Some visualized results on the validation set and corresponding labels. Row (a) and row (b) are good predicted results and corresponding labels. Row (c) and row (d) are bad predicted results and corresponding labels. Column (f) are predicted results of axial slices and column (g) are corresponding labels of axial slices. Column (i) are 3D results of predicted results and column (j) are 3D results of corresponding labels.

4.4 Limitation and Future Work

The method proposed in this paper only adopts CNN in the final prediction network, and the limited receptive field leads to the failure to capture global information.
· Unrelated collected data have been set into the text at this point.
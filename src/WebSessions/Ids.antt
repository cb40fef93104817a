-- ===== src/WebSessions/Ids.antt =====
-- packages/danaus/src/accounts/web-sessions.ts: the ids of the sessions, the table's primary key.
use danaus.Prelude.{
  ◌≡◌, ◌≢◌, refl, sym, subst, ◌∙◌, inl, inr, String, false, none, some, List, [], ◌∷◌, ◌++◌, All,
  All-append, All-map, Bool-cases, str_eq→eq, eq→str_eq, arith, Bool,
}
use mathlib.Core.Option.{some-injective}
use danaus.Table.{first, update, delete}
use danaus.Table.Rows.{delete-All, update-All, first-none, first-holds}
use danaus.WebSessions.{WebSession, with_id}

-- No two sessions have the same id.
abbrev pub UniqueIds : List WebSession → Type 0
UniqueIds [] = Unit {0}
UniqueIds (x ∷ xs) = All (λ (y : WebSession). y.id ≢ x.id) xs × UniqueIds xs

pub delete-UniqueIds :
    (p : WebSession → Bool) (rows : List WebSession) → UniqueIds rows → UniqueIds (delete p rows)
unfolding delete
delete-UniqueIds p [] u = tt
delete-UniqueIds p (x ∷ xs) u = elim (Bool-cases (p x)) [
  | inl e ↦ rw e (delete-UniqueIds p xs u.1)
  | inr e ↦ rw e (delete-All (λ y. y.id ≢ x.id) p xs u.0, delete-UniqueIds p xs u.1)
]

pub update-UniqueIds :
    (p : WebSession → Bool) (f : WebSession → WebSession) (rows : List WebSession)
    → ((x : WebSession) → (f x).id ≡ x.id)
    → UniqueIds rows
    → UniqueIds (update p f rows)
unfolding update
update-UniqueIds p f [] k u = tt
update-UniqueIds p f (x ∷ xs) k u =
    let others : (i : String)
        → All (λ (y : WebSession). y.id ≢ i) xs
        → All (λ (y : WebSession). y.id ≢ i) (update p f xs) =
      λ i. update-All (λ (y : WebSession). y.id ≢ i) p f xs (λ y _ h e. h (sym (k y) ∙ e)) in
    elim (Bool-cases (p x)) [
      | inl e ↦ rw e (
        others (f x).id (subst (λ i. All (λ (y : WebSession). y.id ≢ i) xs) (sym (k x)) u.0),
        update-UniqueIds p f xs k u.1,
      )
      | inr e ↦ rw e (others x.id u.0, update-UniqueIds p f xs k u.1)
    ]

pub append-UniqueIds :
    (rows : List WebSession) (row : WebSession)
    → first (with_id row.id) rows ≡ none
    → UniqueIds rows
    → UniqueIds (rows ++ row ∷ [])
append-UniqueIds rows row e u = grow rows (first-none (with_id row.id) rows e) u
  where
    grow :
        (xs : List WebSession)
        → All (λ (x : WebSession). with_id row.id x ≡ false) xs
        → UniqueIds xs
        → UniqueIds (xs ++ row ∷ [])
    grow [] h v = (tt, tt)
    grow (x ∷ xs) h v = (
      All-append (λ (y : WebSession). y.id ≢ x.id) xs (row ∷ []) v.0
          ((λ same. cc (eq→str_eq x.id row.id (sym same), h.0)), tt),
      grow xs h.1 v.1,
    )

-- A session of this id is of this account.
abbrev pub Belongs : String → String → WebSession → Type 0
Belongs id did row = row.id ≡ id → row.did ≡ did

-- Every session of the id of one that is found is of its account.
pub first-Belongs :
    (id : String) (rows : List WebSession) (row : WebSession)
    → UniqueIds rows
    → first (with_id id) rows ≡ some row
    → All (Belongs row.id row.did) rows
unfolding first
first-Belongs id [] row u e = tt
first-Belongs id (x ∷ xs) row u e = elim (Bool-cases (with_id id x)) [
  | inl t ↦
      let same : x ≡ row = some-injective x row (ground (arith, t, e)) in
      subst (λ (r : WebSession). All (Belongs r.id r.did) (x ∷ xs)) same
        (
          λ _. refl,
          All-map (λ (y : WebSession). y.id ≢ x.id) (Belongs x.id x.did) (λ y h k. absurd (h k)) xs
              u.0,
        )
  | inr f ↦
      let later : first (with_id id) xs ≡ some row = ground arith in
      let named : row.id ≡ id = str_eq→eq row.id id (first-holds (with_id id) xs row later) in
      ((λ same. cc (eq→str_eq x.id id (same ∙ named), f)), first-Belongs id xs row u.1 later)
]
In the future, it is hoped to design a lightweight network combining the characteristics of CNN and Transformer for efficient inference of images.

5 Conclusion

In this paper, we combine the advantages of CNN and Transformer to establish a long-term dependency relationship, and produce high-quality pseudo labels to enhance the performance of network segmentation. Moreover, we adopt Generic U-Net, the backbone network of nnU-Net, as the final prediction network. The results show that the combination of the two methods produce a high-quality pseudo label compared to using CNN or Transformer alone, and the method achieves effective semi-supervised segmentation performance in the FLARE2022 Challenge.